Harvesting Manuka Honey in New Zealand
Our apprentice beekeeper Jack continues his exploration of the Kiwi hills to deepen his knowledge of beekeeping, and gain invaluable experience with our dear friend Alex at Manuka Island Honey. As part of his 3 year apprenticeship, supported by QEST, he has travelled to the other side of the globe with the intention of getting an insight into the beekeeping practises of the Manuka honey veterans in this stunningly biodiverse part of the world.
Deep in the forested valleys of the Wairou are the apiaries situated to take advantage of the Mānuka nectar flow. Criss-crossed by rivers and fjords, the bees are guided by the topography, sheltered, and coralled over the forests. As the Mānuka plant favours wet soil, we greeted the arrival of heavy rains gratefully. Summer heat and humidity to follow would bring on the blossom, and keep the nectaries full. Long did the rain fall however, with the mighty Buller river at home so swollen by its staggering tributary system it swept away shipping containers, roads, and even bridges. Some of these tributaries are essential for access to apiaries and even without rain must be forwarded carefully. With the rain, however, rivers became raging torrents and changed course sweeping away our fjording sites in turn. The wisdom of preemptively stacking honey boxes became apparent.
It was weeks before we could regain access and by this time the valleys had turned white. Mānuka trees yield abundant small five-petalled flowers, within which a red centre ringed by pollen-carrying stamen guides hungry bees to forage. With just a few weeks of bloom it would seem such a season couldn't possibly yield a thousand honey boxes in just three days but my worn finger tips say otherwise. Temperatures at the valley floor rise first; the roadside borders begin to turn white whilst the valley walls are still lush and green. As summer progresses so these walls slowly follow suit, all the while the bees adjust their foraging patterns and ascend with the blossom. In this way the Mānuka season is extended and the rich bounty on offer harvested.

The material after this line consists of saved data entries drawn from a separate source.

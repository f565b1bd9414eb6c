-- ===== src/Execution/Oms/Reports.antt =====
-- The branches of `OMS.apply` for what the venue reports: executions (`_execution`) and orders.
use rs_quant.Base.{
  ℕ, Bool, true, false, Option, none, some, List, [], ◌∷◌, ◌++◌, max, ◌==◌, leb, ltb, eq_opt, any,
  keep, elem, length, ◌&&◌, ◌||◌, not, if◌then◌else◌, Result, ok, raise, raise_if, or_raise, ◌>>=◌,
  ◌>>◌,
}
use rs_quant.Base.Sort.{sorted_set, sort_with, le_tuple}
use rs_quant.Core.Types.{
  Ident, truthy_opt, or_text, same_side, ExecutionReport, ExecutionType, trade,
}
use rs_quant.Execution.OrderState.{
  Lifecycle, is_terminal, is_filled, idle, is_submit, confirmed, OrderState, OmsState,
  ExecutionIdentity, client_id, execution_side_mismatch, unknown_order,
}
use rs_quant.Execution.Intents.{OrderReport}
use rs_quant.Execution.Oms.Same.{
  Externals, OmsError, not_an_instrument_trade, aliases_join_effects, conflicting_facts,
  invalid_lifecycle, local_created_state,
}
use rs_quant.Execution.Oms.Lookup.{find_order, put_order, resolve_command}

-- Where a branch of `apply` ends: it returns the state as it is, or goes on to link it.
pub data Outcome : Type 0 where
  returned : OmsState → Outcome
  candidate : OmsState → Outcome

abbrev pub is_trade : ExecutionType → Bool
is_trade trade = true
is_trade _ = false

abbrev pub intersects : List Ident → List Ident → Bool
intersects xs ys = any (λ x. elem x ys) xs

abbrev pub shares_identity : Ident → List Ident → ExecutionIdentity → Bool
shares_identity instrument ids e = e.instrument_id == instrument && intersects e.native_ids ids

-- two texts are given and differ
abbrev pub contradicts : Option Ident → Option Ident → Bool
contradicts a b = truthy_opt a && truthy_opt b && not (eq_opt a b)

abbrev pub le_execution : ExecutionIdentity → ExecutionIdentity → Bool
le_execution a b =
    if ltb a.instrument_id b.instrument_id
    then true
    else a.instrument_id == b.instrument_id && le_tuple a.native_ids b.native_ids

abbrev pub head_of {ℓ} : {A : Type ℓ} → List A → Option A
head_of [] = none
head_of (x ∷ xs) = some x

abbrev ids_of : Option ExecutionIdentity → List Ident
ids_of none = []
ids_of (some e) = e.native_ids

abbrev client_of : Option ExecutionIdentity → Option Ident
client_of none = none
client_of (some e) = e.client_order_id

abbrev venue_order_of : Option ExecutionIdentity → Option Ident
venue_order_of none = none
venue_order_of (some e) = e.venue_order_id

module _ (py : Externals) where
  abbrev pub signature_of : ExecutionReport → Ident
  signature_of p =
      py.digest p.side p.executed_lots p.price p.fee_amount p.fee_currency p.execution_type

  -- the order that the report names, or else the identity in the report
  abbrev pub reported_client : ExecutionReport → Option OrderState → Option Ident
  reported_client p none = p.client_order_id
  reported_client p (some o) = some (client_id o)

  abbrev pub conflicts : ExecutionReport → Option Ident → Option ExecutionIdentity → Bool
  conflicts p client none = false
  conflicts p client (some e) =
      not (e.signature == signature_of p)
      || contradicts e.client_order_id client
      || contradicts e.venue_order_id p.venue_order_id

  unfoldable pub merged_execution :
      ExecutionReport
      → Ident
      → List Ident
      → Option Ident
      → Option ExecutionIdentity
      → ExecutionIdentity
  merged_execution p instrument ids client prior = record {
    instrument_id = instrument;
    native_ids = sorted_set (ids ++ ids_of prior);
    client_order_id = or_text client (client_of prior);
    venue_order_id = or_text p.venue_order_id (venue_order_of prior);
    side = p.side;
    lots = p.executed_lots;
    signature = signature_of p;
  }

abbrev pub observe_order : ExecutionReport → OrderState → OrderState
observe_order p o = record o {
  venue_order_id = or_text p.venue_order_id o.venue_order_id;
  pending = if is_submit o.pending then idle else o.pending;
  knowledge = confirmed;
  transport_started = true;
}

-- an execution on the other side is an incident
unfoldable pub note_side : ExecutionReport → OmsState → OrderState → OmsState
note_side p st o =
    if same_side o.instruction.side p.side
    then st
    else record st { incidents = sorted_set (execution_side_mismatch ∷ st.incidents) }

unfoldable pub observe_execution : ExecutionReport → OmsState → Option OrderState → OmsState
unfolding put_order resolve_command note_side
observe_execution p st none = st
observe_execution p st (some o) =
    resolve_command (put_order (note_side p st o) (observe_order p o)) (client_id o) false

module _ (py : Externals) where
  -- at most one execution has an identity of the report, and it says the same
  unfoldable pub check_execution :
      ExecutionReport → Option Ident → List ExecutionIdentity → Result OmsError (Unit {0})
  check_execution p client existing = do
    raise_if (ltb 1 (length existing)) aliases_join_effects
    raise_if (conflicts py p client (head_of existing)) conflicting_facts

  -- the execution takes the place of the one that has an identity of it
  unfoldable pub store_execution :
      ExecutionReport → List Ident → Ident → Option Ident → OmsState → OmsState
  unfolding merged_execution
  store_execution p ids instrument client st =
      let existing = keep (shares_identity instrument ids) st.executions in
      let others = keep (λ e. not (shares_identity instrument ids e)) st.executions in
      let execution = merged_execution py p instrument ids client (head_of existing) in
      record st { executions = sort_with le_execution (others ++ execution ∷ []) }

  -- `OMS._execution`
  unfoldable pub apply_execution :
      ExecutionReport → List Ident → Ident → OmsState → Result OmsError OmsState
  unfolding find_order check_execution store_execution observe_execution
  apply_execution p aliases instrument st = do
    found ← find_order py st p.client_order_id p.venue_order_id (some instrument)
    let ids = sorted_set (p.native_execution_id ∷ aliases)
    let client = reported_client py p found
    check_execution p client (keep (shares_identity instrument ids) st.executions)
    ok (observe_execution p (store_execution p ids instrument client st) found)

  unfoldable pub execution_branch :
      ExecutionReport → List Ident → Option Ident → OmsState → Result OmsError Outcome
  unfolding apply_execution
  execution_branch p aliases none st = raise not_an_instrument_trade
  execution_branch p aliases (some instrument) st = do
    raise_if (not (is_trade p.execution_type)) not_an_instrument_trade
    next ← apply_execution p aliases instrument st
    ok (candidate next)

-- the cumulative fills after a report, which never fall
unfoldable pub cumulative_lots : Lifecycle → ℕ → OrderState → ℕ
cumulative_lots status reported o =
    let cumulative = max o.reported_fill_lots reported in
    if is_filled status then max cumulative o.instruction.quantity_lots else cumulative

abbrev is_opened : Lifecycle → Bool
is_opened Lifecycle.opened = true
is_opened _ = false

abbrev is_partial : Lifecycle → Bool
is_partial Lifecycle.partially_filled = true
is_partial _ = false

unfoldable pub reported_status : Lifecycle → ℕ → OrderState → Lifecycle
reported_status reported cumulative o =
    let status =
      if is_terminal o.lifecycle && not (is_filled reported) then o.lifecycle else reported in
    if leb o.instruction.quantity_lots o.accounted_fill_lots
    then Lifecycle.filled
    else if is_opened status
        && (ltb 0 o.accounted_fill_lots || ltb 0 cumulative || is_partial o.lifecycle)
    then Lifecycle.partially_filled
    else status

unfoldable pub reported_order : OrderReport → Lifecycle → OrderState → OrderState
unfolding cumulative_lots reported_status
reported_order p reported o =
    let cumulative = cumulative_lots reported p.cumulative_fill_lots o in
    let status = reported_status reported cumulative o in
    record o {
      venue_order_id = or_text p.venue_order_id o.venue_order_id;
      lifecycle = status;
      reported_fill_lots = cumulative;
      pending = if is_terminal status || is_submit o.pending then idle else o.pending;
      knowledge = confirmed;
      transport_started = true;
    }

abbrev pub is_created : Lifecycle → Bool
is_created Lifecycle.created = true
is_created _ = false

unfoldable pub report_known : OrderReport → OmsState → OrderState → Result OmsError Outcome
unfolding put_order resolve_command reported_order
report_known p st o = do
  reported ← or_raise p.lifecycle invalid_lifecycle
  raise_if (is_created reported) local_created_state
  let next = reported_order p reported o
  ok (
      candidate
        (resolve_command (put_order st next) p.client_order_id (is_terminal next.lifecycle)))

module _ (py : Externals) where
  unfoldable pub report_branch : OrderReport → Option Ident → OmsState → Result OmsError Outcome
  unfolding find_order report_known
  report_branch p instrument st = do
    found ← find_order py st (some p.client_order_id) p.venue_order_id instrument
    elim found [
      | none ↦ ok (returned (record st { incidents = sorted_set (unknown_order ∷ st.incidents) }))
      | some o ↦ report_known p st o
    ]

Nic and Jack from LHC, with Alex and Alysha of Manuka Island Honey Farms
Cracking apart honey boxes with his specially designed tool, Alex points to the burr comb atop frames of honey, a sure sign the nectar flow has been strong. Alex's comment "This is the real McKoy" is my invitation to boost energy levels with a piece of still-warm-from-the-hive comb honey. The flavour is delicious.

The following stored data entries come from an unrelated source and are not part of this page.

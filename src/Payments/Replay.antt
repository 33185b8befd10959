-- ===== src/Payments/Replay.antt =====
-- internal/payments/service.go: reserving an idempotency key, and answering a repeated request from
-- what is stored under it.
use edn_core.Prelude.{◌+◌, ◌*◌, Bool, true, false, not, ◌&&◌, ◌||◌, none, is_some, if◌then◌else◌}
use edn_core.Text.{Text, lit, ◌=?◌, is_empty}
use edn_core.Checkout.{Time, is_zero, hour, Order, checkout_created}
use edn_core.Idempotency.{Key, KeyStatus}
use edn_core.Errors.{
  Result, ok, err, errors_is, sentinel, wrapped, order_not_found, duplicate_key, checkout_conflict,
  checkout_in_progress,
}
use edn_core.Payments.{CreateCheckoutResponse}
use edn_core.Payments.Scope.{ResolvedTenantScope}
use edn_core.Payments.Session.{
  checkout_create_operation, checkout_intent_key_ttl, is_blank, canonical_status,
  repair_checkout_order, create_checkout_response_from_record, resumed_response,
}
use edn_core.Payments.Resume.{is_committed, ambiguous}
use edn_core.Effects.{
  Prog, ret, get_by_nsu, reserve, find_by_tenant_op_key, new_uuid, attempt, ask, wrap, success,
  fail, ◌>>=◌, ◌>>◌,
}

abbrev pub is_failed : KeyStatus → Bool
is_failed KeyStatus.failed = true
is_failed _ = false

abbrev pub is_pending : KeyStatus → Bool
is_pending KeyStatus.pending = true
is_pending _ = false

-- A response from a record, as replayed: `resp.Resumed = true`.
abbrev replayed : Key → Time → Text → CreateCheckoutResponse
replayed existing created_at intent_key =
    let resp = create_checkout_response_from_record existing created_at in
    record resp { checkout_intent_key = intent_key; resumed = true }

-- `expiresAt := order.ExpiresAt`, or the time to live after the creation if that is not set
abbrev expiry_of : Order → Time
expiry_of order =
    if is_zero order.expires_at
    then order.created_at + checkout_intent_key_ttl
    else order.expires_at

-- The key that was reserved before must stand for the same request, and must not have failed.
abbrev check_existing : Key → Text → Result (Unit {0})
check_existing existing request_hash =
    if not (existing.request_hash =? request_hash)
    then err (sentinel checkout_conflict)
    else if is_failed existing.status || is_empty existing.resource_id
    then err (sentinel checkout_conflict)
    else ok tt

-- An order without a link is answered from the key's snapshot, and repaired from it.
unfoldable replay_unlinked : Key → Order → Text → Prog (Result CreateCheckoutResponse)
unfolding repair_checkout_order
replay_unlinked existing order intent_key =
    if is_empty existing.resource_url
    then (if is_some order.provider_create_attempted_at
        then ambiguous order
        else fail (sentinel checkout_in_progress))
    else do
      repair_checkout_order order.order_nsu existing.resource_url existing.external_ref
          existing.resource_status existing.updated_at
      success (replayed existing order.created_at intent_key)

-- What replayExistingSession does once it has looked the order up.
unfoldable replay_found : Key → Result Order → Prog (Result CreateCheckoutResponse)
unfolding replay_unlinked
replay_found existing (err e) =
    if is_committed existing.status && not (is_empty existing.resource_url)
    then success (replayed existing 0 (lit ""))
    else if errors_is e order_not_found && is_pending existing.status
    then fail (sentinel checkout_in_progress)
    else fail (wrapped e)
replay_found existing (ok order) =
    if is_blank order.provider_checkout_url
    then replay_unlinked existing order (lit "")
    else success (
        resumed_response order (canonical_status order.status) order.provider_checkout_url
          (expiry_of order))

unfoldable pub replay_existing_session : Text → Text → Text → Prog (Result CreateCheckoutResponse)
unfolding replay_found
replay_existing_session tenant_id idempotency_key request_hash = do
  existing ← wrap (ask (find_by_tenant_op_key tenant_id checkout_create_operation idempotency_key))
  ret (check_existing existing request_hash)
  order ← attempt (ask (get_by_nsu existing.resource_id))
  replay_found existing order

-- A fresh order to create under this NSU, or a response to replay.
pub data Reservation : Type 0 where
  fresh : Text → Reservation
  replay : CreateCheckoutResponse → Reservation

abbrev as_replay : Prog (Result CreateCheckoutResponse) → Prog (Result Reservation)
as_replay p = p >>= λ resp. success (replay resp)

-- What reserveOrReplayCheckout does once it has looked the order of an existing key up.
unfoldable reserved_before : Key → Result Order → Prog (Result Reservation)
unfolding replay_unlinked
reserved_before existing (ok order) =
    if is_blank order.provider_checkout_url
    then as_replay (replay_unlinked existing order order.checkout_intent_key)
    else success (
        replay
          (resumed_response order checkout_created order.provider_checkout_url (expiry_of order)))
reserved_before existing (err e) =
    if is_committed existing.status && not (is_empty existing.resource_url)
    then success (replay (replayed existing 0 (lit "")))
    else if errors_is e order_not_found && is_pending existing.status
    then success (fresh existing.resource_id)
    else fail (wrapped e)

abbrev new_key : ResolvedTenantScope → Text → Text → Text → Time → Key
new_key scope idempotency_key request_hash order_nsu now = record {
  operation = checkout_create_operation;
  organization_id = scope.organization_id;
  tenant_id = scope.tenant_id;
  idempotency_key = idempotency_key;
  request_hash = request_hash;
  resource_type = lit "order";
  resource_id = order_nsu;
  resource_status = none;
  resource_url = lit "";
  external_ref = lit "";
  status = KeyStatus.pending;
  expirable = true;
  expires_at = now + 24 * hour;
  created_at = now;
  updated_at = now;
}

unfoldable pub reserve_or_replay_checkout :
    ResolvedTenantScope → Text → Text → Time → Prog (Result Reservation)
unfolding reserved_before
reserve_or_replay_checkout scope idempotency_key request_hash now = do
  proposed ← attempt (ask new_uuid)
  reserved ← attempt (ask (reserve (new_key scope idempotency_key request_hash proposed now)))
  elim reserved [
    | ok _ ↦ success (fresh proposed)
    | err e ↦ if not (errors_is e duplicate_key) then fail (wrapped e) else do
      existing ←
          wrap
            (ask (find_by_tenant_op_key scope.tenant_id checkout_create_operation idempotency_key))
      ret (check_existing existing request_hash)
      order ← attempt (ask (get_by_nsu existing.resource_id))
      reserved_before existing order
  ]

Golden, orange-tinged honey, Manuka is akin to our prized British Heather Honey with its thixotropic or jelly-like consistency. Sweet, lightly tangy and with a subtle bitterness reminiscent of Seville oranges, I'm told it's common as I experience a gentle tingling on my tongue, on account of Mānuka's special properties. Methylglyoxal, or MGO, is the Mānuka factor that was discovered in 90's to possess unique antibacterial activities, and it was this naturally occurring compound that launched Mānuka to its highly coveted status. The MGO number on a jar gives a measure of the content of Methylglyoxal in milligrams per kilo, and offers an indicator of its activity, to say nothing of its myriad other potential health benefits.

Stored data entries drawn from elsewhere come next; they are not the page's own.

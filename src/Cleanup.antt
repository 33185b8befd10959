-- ===== src/Cleanup.antt =====
-- cmd/fail-stuck-checkouts: the operator's tool that fails stuck checkouts. Its repositories have
-- the methods of internal/payments/ports.go that it calls under other names (FindByNSU is
-- `get_by_nsu`, and Fail of internal/idempotency is `fail_key`). Printing is left out, and a reason
-- is no text but the plan itself.
pub mod Safety
use edn_core.Prelude.{
  Bool, true, false, not, ◌||◌, Option, none, some, is_some, List, [], ◌∷◌, if◌then◌else◌,
}
use edn_core.Text.{Text, is_empty}
use edn_core.Checkout.{Time, Order, OrderStatus, created, checkout_created, failed}
use edn_core.Idempotency.{Key, KeyStatus}
use edn_core.Errors.{
  Error, Result, ok, err, sentinel, wrapped, other, errors_is, lock_not_acquired,
  stored_order_not_found, key_not_found,
}
use edn_core.Payments.Resume.{is_committed}
use edn_core.Payments.Replay.{is_pending}
use edn_core.Payments.Session.{checkout_create_operation}
use edn_core.Effects.{
  Prog, ret, acquire_order_lock, release_order_lock, get_by_nsu, find_by_tenant_op_resource_id,
  update_status, invalidate_order_status, fail_key, time_now, new_uuid, bind, attempt, ask, wrap,
  success, fail, deferring, ◌>>=◌, ◌>>◌,
}

-- cleanupAction
pub data Action : Type 0 where
  fail_both fail_idem_only no_op hard_stop : Action

abbrev pub is_open : OrderStatus → Bool
is_open created = true
is_open checkout_created = true
is_open OrderStatus.pending = true
is_open _ = false

-- checkStuckEligibility
unfoldable pub check_stuck_eligibility : Order → Bool
check_stuck_eligibility order =
    if not (is_open order.status)
    then false
    else if not (is_empty order.provider_checkout_url)
    then false
    else is_some order.provider_create_attempted_at

abbrev pub is_failed : OrderStatus → Bool
is_failed failed = true
is_failed _ = false

abbrev is_error : Result (Unit {0}) → Bool
is_error (ok _) = false
is_error (err _) = true

-- `idemKey != nil && idemKey.Status == …`
abbrev pub has_status : (KeyStatus → Bool) → Option Key → Bool
has_status test none = false
has_status test (some key) = test key.status

-- cleanupPlan, without its reason
pub record Plan : Type 0 where
  pub action : Action
  pub idem_key : Option Key

abbrev plan_of : Action → Option Key → Plan
plan_of action key = record { action = action; idem_key = key }

-- decidePlan
unfoldable pub decide_plan : Order → Option Key → Plan
unfolding check_stuck_eligibility
decide_plan order key =
    if has_status is_committed key
    then plan_of hard_stop key
    else if is_failed order.status
    then (if has_status is_pending key then plan_of fail_idem_only key else plan_of no_op key)
    else if not (check_stuck_eligibility order)
    then plan_of hard_stop none
    else plan_of fail_both key

unfoldable pub fail_record : Order → Option Key → Time → Prog (Result (Unit {0}))
fail_record order none now = success tt
fail_record order (some key) now =
    wrap (ask (fail_key order.tenant_id checkout_create_operation key.idempotency_key now))

unfoldable pub execute_plan : Text → Order → Plan → Prog (Result (Unit {0}))
unfolding fail_record
execute_plan nsu order plan = do
  now ← attempt (ask time_now)
  elim plan.action [
    | fail_both ↦ do
      wrap (ask (update_status nsu failed now))
      attempt (ask (invalidate_order_status nsu))
      if has_status is_pending plan.idem_key
          then fail_record order plan.idem_key now
          else success tt
    | fail_idem_only ↦ fail_record order plan.idem_key now
    | no_op ↦ success tt
    | hard_stop ↦ success tt
  ]

unfoldable pub follow_plan : Text → Bool → Order → Plan → Prog (Result (Unit {0}))
unfolding execute_plan
follow_plan nsu dry_run order plan = elim plan.action [
  | hard_stop ↦ fail other
  | no_op ↦ success tt
  | _ ↦ if dry_run then success tt else execute_plan nsu order plan
]

-- Steps 3 to 5, with the answer to the lookup of the idempotency record.
unfoldable pub plan_and_execute : Text → Bool → Order → Result Key → Prog (Result (Unit {0}))
unfolding follow_plan decide_plan
plan_and_execute nsu dry_run order (ok key) =
    follow_plan nsu dry_run order (decide_plan order (some key))
plan_and_execute nsu dry_run order (err e) =
    if errors_is e key_not_found
    then follow_plan nsu dry_run order (decide_plan order none)
    else fail (wrapped e)

-- Steps 2 to 5, under the lock.
unfoldable pub process_locked : Text → Bool → Prog (Result (Unit {0}))
process_locked nsu dry_run = do
  fetched ← attempt (ask (get_by_nsu nsu))
  elim fetched [
    | err e ↦ if errors_is e stored_order_not_found then fail other else fail (wrapped e)
    | ok order ↦ do
      found ←
          attempt
            (ask (find_by_tenant_op_resource_id order.tenant_id checkout_create_operation nsu))
      plan_and_execute nsu dry_run order found
  ]

-- processNSU
unfoldable pub process_nsu : Text → Bool → Prog (Result (Unit {0}))
process_nsu nsu dry_run = do
  token ← attempt (ask new_uuid)
  locked ← attempt (ask (acquire_order_lock nsu token))
  elim locked [
    | err e ↦ if errors_is e lock_not_acquired then fail other else fail (wrapped e)
    | ok _ ↦ deferring (release_order_lock nsu token) (process_locked nsu dry_run)
  ]

-- The loop of run: each order is processed, and whether one failed is kept.
unfoldable pub process_all : List Text → Bool → Bool → Prog (Result (Unit {0}))
process_all [] dry_run any_failed = if any_failed then fail other else success tt
process_all (nsu ∷ nsus) dry_run any_failed =
    bind (process_nsu nsu dry_run) (λ r. process_all nsus dry_run (any_failed || is_error r))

With just weeks of my own beekeeping activities left, my time in New Zealand with Manuka Island Honey has been a pleasure. I'm not only fitter, but working here has been a real boon to my experience as an apprentice bee farmer at the London Honey Company. Having never before tasted Mānuka honey, I can say its worth the tremendous effort put into obtaining it; it's simply delightful. There are plenty of twelve-hour working days left however, and the next round of cropping is soon to start. When I get there, it's for my colleagues back home in London to decide whether my accent has taken on a twang like that of the honey.